-- ===== src/PlanSync/Aligned.antt =====
-- The assignments of a user after the synchronisation.
use mathlib.Core.Path.{subst}
use over_vpn.Base.{
  ℕ, Bool, true, false, not, ◌&&◌, ◌||◌, List, [], ◌∷◌, ◌++◌, Text, text_eq, text_eq_iff,
  text_eq_refl, ◌≡◌, ◌↔◌, refl, arith, ap, ◌∙◌, sym, Bool-cases, inl, inr, Result, ok, bind-ok,
}
use over_vpn.CoreApply.{InboundMark}
use over_vpn.CoreApply.Marks.Kept.{Member}
use over_vpn.PlanSync.{
  Assignment, Db, SyncError, is_active, mem, add_new, unique, unique_from, is_superfluous,
  disable_rest, rows_of, sync_user,
}
use over_vpn.PlanSync.Rows.{filter-Member, Member-of_filter}
use over_vpn.PlanSync.Disabled.{
  disable_rest-Pending, disable_rest-keeps, disable_rest-after, disable_rest-before,
}
use over_vpn.PlanSync.Enabled.{ActiveFor}
use over_vpn.PlanSync.Reached.{AllWanted, Reached, enable_wanted-Reached}

-- `unique` has the ids that the list has.
mem-append : (x y : Text) (xs : List Text) → mem x (xs ++ y ∷ []) ≡ mem x xs || text_eq y x
mem-append x y [] = ground arith
mem-append x y (z ∷ zs) = ground (arith, mem-append x y zs)

mem-add_new : (x y : Text) (xs : List Text) → mem x (add_new y xs) ≡ text_eq y x || mem x xs
mem-add_new x y xs = elim (Bool-cases (mem y xs)) [
  | inl there ↦ elim (Bool-cases (text_eq y x)) [
    | inl same ↦
        let e : mem x xs ≡ true = subst (λ z. mem z xs ≡ true) ((text_eq_iff y x).0 same) there in
        ground (arith, there, same, e)
    | inr other ↦ ground (arith, there, other)
  ]
  | inr absent ↦ ground (arith, absent, mem-append x y xs)
]

mem-unique_from :
    (x : Text) (xs seen : List Text) → mem x (unique_from xs seen) ≡ mem x xs || mem x seen
mem-unique_from x [] seen = refl
mem-unique_from x (y ∷ ys) seen =
    ground (arith, mem-unique_from x ys (add_new y seen), mem-add_new x y seen)

pub mem-unique : (x : Text) (xs : List Text) → mem x (unique xs) ≡ mem x xs
unfolding unique
mem-unique x xs = ground (arith, mem-unique_from x xs [])

clash : (x y : Bool) → x ≡ true → not x && y ≡ true → ⊥
clash true y e f = cc
clash false y e f = cc

module _ (user : Text) (now : ℕ) (credential : InboundMark → Result SyncError Text)
    (fresh_id : Text → Text) where
  abbrev rows : Db → List Assignment
  rows db = rows_of user now credential fresh_id db.assignments

  module _ (db : Db) (wanted : List Text)
      (keyed : (a b : Assignment)
        → Member a db.assignments
        → Member b db.assignments
        → text_eq a.id b.id ≡ true
        → a ≡ b)
      (unused : (i : Text) (c : Assignment)
        → Member c db.assignments
        → text_eq (fresh_id i) c.id ≡ false) where
    of_db : (c : Assignment) → Member c (rows db) → Member c db.assignments
    of_db c m = (Member-of_filter (λ a. text_eq a.user_id user) c db.assignments m).0

    own : (c : Assignment) → Member c (rows db) → c.user_id ≡ user
    own c m =
        (text_eq_iff c.user_id user).0
          ((Member-of_filter (λ a. text_eq a.user_id user) c db.assignments m).1)

    unused_here :
        (i : Text) (c : Assignment) → Member c (rows db) → text_eq (fresh_id i) c.id ≡ false
    unused_here i c m = unused i c (of_db c m)

    -- A wanted row has the id of no superfluous one.
    apart :
        (c : Assignment)
        → Member c (rows db)
        → mem c.inbound_id wanted ≡ true
        → (a : Assignment) → Member a (rows db)
        → is_superfluous user now wanted a ≡ true
        → text_eq c.id a.id ≡ false
    apart c m w a n h = elim (Bool-cases (text_eq c.id a.id)) [
      | inl same ↦ absurd (
          clash (mem c.inbound_id wanted) (is_active c) w
            (ap (is_superfluous user now wanted) (keyed c a (of_db c m) (of_db a n) same) ∙ h))
      | inr other ↦ other
    ]

    only_wanted :
        (r : Assignment) (after : Db)
        → disable_rest user now wanted (rows db) db ≡ ok after
        → Member r after.assignments
        → text_eq r.user_id user ≡ true
        → is_active r ≡ true
        → mem r.inbound_id wanted ≡ true
    only_wanted r after e m u a = elim (Bool-cases (mem r.inbound_id wanted)) [
      | inl there ↦ there
      | inr absent ↦ absurd (
          disable_rest-Pending user now wanted (rows db) db after e
            (λ b n v h. filter-Member (λ x. text_eq x.user_id user) b db.assignments v n) r m u
            (rw (absent, a) refl))
    ]

    disabled-Reached :
        (after : Db)
        → disable_rest user now wanted (rows db) db ≡ ok after
        → Reached user now credential fresh_id (rows db) wanted own unused_here after.assignments
    disabled-Reached after e = record {
      good = record {
        present = λ c m.
            let (r, n, same) =
              disable_rest-after user now wanted c (rows db) db after e
                (c, of_db c m, (refl, refl, refl)) in
            (r, n, same.0, same.1, same.2);
        agree = λ r m c n h.
            let (b, k, same) = disable_rest-before user now wanted r (rows db) db after e m in
            same.2
            ∙ ap (λ x. x.inbound_id)
                (keyed b c k (of_db c n) (ap (λ x. text_eq x c.id) (sym same.0) ∙ h));
        only = λ r m u a. only_wanted r after e m u a;
      };
      held = λ c m a w. (
        c,
        disable_rest-keeps user now wanted c (rows db) db after e (apart c m w) (of_db c m),
        own c m,
        refl,
        a,
      );
    }

    all_wanted :
        (is : List Text)
        → ((i : Text) → mem i is ≡ true → mem i wanted ≡ true)
        → AllWanted user now credential fresh_id (rows db) wanted own unused_here is
    all_wanted [] h = tt
    all_wanted (i ∷ is) h =
        (h i (ground (arith, text_eq_refl i)), all_wanted is (λ j m. h j (ground (arith, m))))

  -- Where the ids of the assignments are different and new ids are new, after a synchronisation
  -- that returns a user has an active assignment to an inbound exactly when the inbound is one of
  -- those that were given.
  pub sync_user_iff :
      (ids : List Text) (db db' : Db) (i : Text)
      → sync_user user now credential fresh_id ids db ≡ ok db'
      → ((a b : Assignment)
          → Member a db.assignments
          → Member b db.assignments
          → text_eq a.id b.id ≡ true
          → a ≡ b)
      → ((i : Text) (c : Assignment) → Member c db.assignments → text_eq (fresh_id i) c.id ≡ false)
      → ActiveFor user i db'.assignments ↔ (mem i ids ≡ true)
  unfolding sync_user
  sync_user_iff ids db db' i e keyed unused =
      let (after, f, rest) = bind-ok (disable_rest user now (unique ids) (rows db) db) _ e in
      let (g, all_active) =
        enable_wanted-Reached user now credential fresh_id (rows db) (unique ids)
          (own db (unique ids) keyed unused) (unused_here db (unique ids) keyed unused) (unique ids)
          after db' rest (all_wanted db (unique ids) keyed unused (unique ids) (λ j m. m))
          (disabled-Reached db (unique ids) keyed unused after f) in
      (
        λ (r, m, u, s, a).
            sym (mem-unique i ids)
            ∙ ap (λ x. mem x (unique ids)) (sym s)
            ∙ g.good.only r m ((text_eq_iff r.user_id user).1 u) a,
        λ h. all_active i (inr (mem-unique i ids ∙ h)),
      )
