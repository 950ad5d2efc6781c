-- ===== src/PlanSync/Tests.antt =====
-- The synchronisation of assignments at concrete inputs.
use mathlib.Core.Path.{subst}
use over_vpn.Base.{
  ℕ, Bool, true, false, [], ◌∷◌, ◌++◌, none, some, Text, codes, text_eq, Result, ok, ◌≡◌, ◌↔◌, inl,
  inr, refl, sym,
}
use over_vpn.Schema.{sing_box}
use over_vpn.CoreApply.{InboundMark}
use over_vpn.CoreApply.Marks.Kept.{Member}
use over_vpn.PlanSync.{Assignment, Db, SyncError, active, disabled, mem, sync_user}
use over_vpn.PlanSync.Enabled.{ActiveFor}
use over_vpn.PlanSync.Aligned.{sync_user_iff}

abbrev inbound : Text → ℕ → Bool → InboundMark
inbound id revision waits = record {
  id = id;
  proxy_server_id = codes "p";
  engine = sing_box;
  revision = revision;
  needs_apply = waits;
}

abbrev old_row : Assignment
old_row = record {
  id = codes "1";
  inbound_id = codes "a";
  user_id = codes "u";
  status = active;
  credential = codes "s";
  credential_version = 1;
  rotated_at = none;
  disabled_at = none;
}

abbrev new_row : Assignment
new_row = record {
  id = codes "nb";
  inbound_id = codes "b";
  user_id = codes "u";
  status = active;
  credential = codes "c";
  credential_version = 1;
  rotated_at = some 7;
  disabled_at = none;
}

abbrev db : Db
db = record {
  assignments = old_row ∷ [];
  marks = record {
    users = record { id = codes "u"; revision = 1; needs_apply = false } ∷ [];
    inbounds = inbound (codes "a") 1 false ∷ inbound (codes "b") 1 false ∷ [];
  };
  desired = [];
}

abbrev after : Db
after = record {
  assignments = record old_row { status = disabled; disabled_at = some 7 } ∷ new_row ∷ [];
  marks = record {
    users = record { id = codes "u"; revision = 3; needs_apply = true } ∷ [];
    inbounds = inbound (codes "a") 2 true ∷ inbound (codes "b") 2 true ∷ [];
  };
  desired = record { engine = sing_box; revision = 2 } ∷ [];
}

abbrev secret : InboundMark → Result SyncError Text
secret i = ok (codes "c")

abbrev fresh : Text → Text
fresh i = codes "n" ++ i

syncs : sync_user (codes "u") 7 secret fresh (codes "b" ∷ codes "b" ∷ []) db ≡ ok after
unfolding sync_user over_vpn.PlanSync.disable_rest text_eq over_vpn.PlanSync.unique
    over_vpn.PlanSync.mark_assignment_changed over_vpn.PlanSync.enable_wanted
    over_vpn.PlanSync.enable_one over_vpn.PlanSync.bump_inbound over_vpn.PlanSync.bump_user
    over_vpn.PlanSync.update_assignment over_vpn.PlanSync.bump_desired
syncs = refl

keyed : (a b : Assignment) → Member a db.assignments → Member b db.assignments → a ≡ b
keyed a b (inl e) (inl f) = cc
keyed a b (inl e) (inr m) = elim m [ ]
keyed a b (inr m) n = elim m [ ]

unused : (i : Text) (c : Assignment) → Member c db.assignments → text_eq (fresh i) c.id ≡ false
unfolding text_eq
unused i c (inl e) = subst (λ x. text_eq (fresh i) x.id ≡ false) (sym e) refl
unused i c (inr m) = elim m [ ]

sync_user_iff_example :
    ActiveFor (codes "u") (codes "b") after.assignments
    ↔ (mem (codes "b") (codes "b" ∷ codes "b" ∷ []) ≡ true)
sync_user_iff_example =
    sync_user_iff (codes "u") 7 secret fresh (codes "b" ∷ codes "b" ∷ []) db after (codes "b") syncs
      (λ a b m n h. keyed a b m n) unused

———

What you should do
All that is wanted is an exact copy of the lines above from the one with "revision = 3;" through the one with "syncs : sync_user", with both ends included.

Output for this task
    users = record { id = codes "u"; revision = 3; needs_apply = true } ∷ [];
    inbounds = inbound (codes "a") 2 true ∷ inbound (codes "b") 2 true ∷ [];
  };
  desired = record { engine = sing_box; revision = 2 } ∷ [];
}

abbrev secret : InboundMark → Result SyncError Text
secret i = ok (codes "c")

abbrev fresh : Text → Text
fresh i = codes "n" ++ i

syncs : sync_user (codes "u") 7 secret fresh (codes "b" ∷ codes "b" ∷ []) db ≡ ok after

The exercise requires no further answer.